=== INPUT ===

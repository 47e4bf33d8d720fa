-- ===== src/Node/Cycle/Word/Rounds.antt =====
-- cpp/src/epos_control/src/epos_motor_node.cpp: the control word over several rounds of the loop, each
-- of which exchanges process data.
use motor_control.Base.{ℕ, ◌≡◌, ◌∙◌, refl, ap, ℤ}
use motor_control.Double.{Double}
use motor_control.Ethercat.Pdo.{InPdo}
use motor_control.Ethercat.Cia402.{is_fault}
use motor_control.Control.Force.{ForceFeedbackSelection}
use motor_control.Node.State.{Node}
use motor_control.Node.Cycle.Timing.{CycleTime, dt_of, dt_us_of, schedule, measure, exchange_ok}
use motor_control.Node.Cycle.Mode.{enable_wanted}
use motor_control.Node.Cycle.Command.{Frame, start_frame, mode_command}
use motor_control.Node.Cycle.Force.{selected_force}
use motor_control.Node.Cycle.Finish.{
  Control, control_of, control_stage, safety_stage, write_pdo, log_stage, finish,
}
use motor_control.Node.Cycle.Output.{final_frame, final-Kept}
use motor_control.Node.Cycle.Safe.{good_round, ready, good_round-control_round}
use motor_control.Node.Cycle.{prepare, control_round, rt_cycle}

module _ {F : Type 0} where
  -- The decision on the control word for a status, in the state before the round.
  abbrev pub decision : ℕ → Node F → Control
  decision status n =
      control_of (is_fault status) status (enable_wanted n) n.targets.fault_reset_req
        n.rt.fault_reset_hold

  -- A round carried out a decision and kept the wish to enable.
  pub record Decided (c : Control) (n m : Node F) : Type 0 where
    pub word : m.out.control_word ≡ c.word
    pub request : m.targets.fault_reset_req ≡ c.request
    pub hold : m.rt.fault_reset_hold ≡ c.hold
    pub wish : enable_wanted m ≡ enable_wanted n

module _ {F : Type 0} ⦃d : Double F⦄ where
  finish-Decided :
      (now dt_us : ℤ) (i : InPdo) (s : ForceFeedbackSelection) (f : Frame F)
      → Decided (decision i.status_word f.node) f.node (finish now dt_us i s f)
  unfolding finish control_stage safety_stage write_pdo log_stage enable_wanted
  finish-Decided now dt_us i s f = record { word = refl; request = refl; hold = refl; wish = refl }

  -- A round carries out the decision that its state before and the status word call for.
  pub round-Decided :
      (time : CycleTime) (w : ℕ) (i : InPdo) (n : Node F)
      → Decided (decision i.status_word n) n (rt_cycle (good_round time w i) n)
  unfolding enable_wanted exchange_ok measure schedule control_round
  round-Decided time w i n =
      let m = ready time w n in
      let s =
        selected_force
          (mode_command time.now_ns (dt_of time.now_ns n) i (start_frame i (prepare i m))).node in
      let f = final_frame time.now_ns (dt_of time.now_ns n) i m in
      let (k, _) = final-Kept time.now_ns (dt_of time.now_ns n) i m in
      let done = finish-Decided time.now_ns (dt_us_of time.now_ns n) i s f in
      let wish : enable_wanted f.node ≡ enable_wanted n = cc (k.params, k.enable_req) in
      let same : decision i.status_word f.node ≡ decision i.status_word n =
        cc (wish, k.fault_reset_req, k.hold) in
      rw (good_round-control_round time w i n) (record {
        word = done.word ∙ ap (λ c. c.word) same;
        request = done.request ∙ ap (λ c. c.request) same;
        hold = done.hold ∙ ap (λ c. c.hold) same;
        wish = done.wish ∙ wish;
      })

=== GOAL OF THE EXERCISE ===
Across the material, how many lines contain "unfolding"? The reply must be that number and nothing else.

=== REPLY ===
2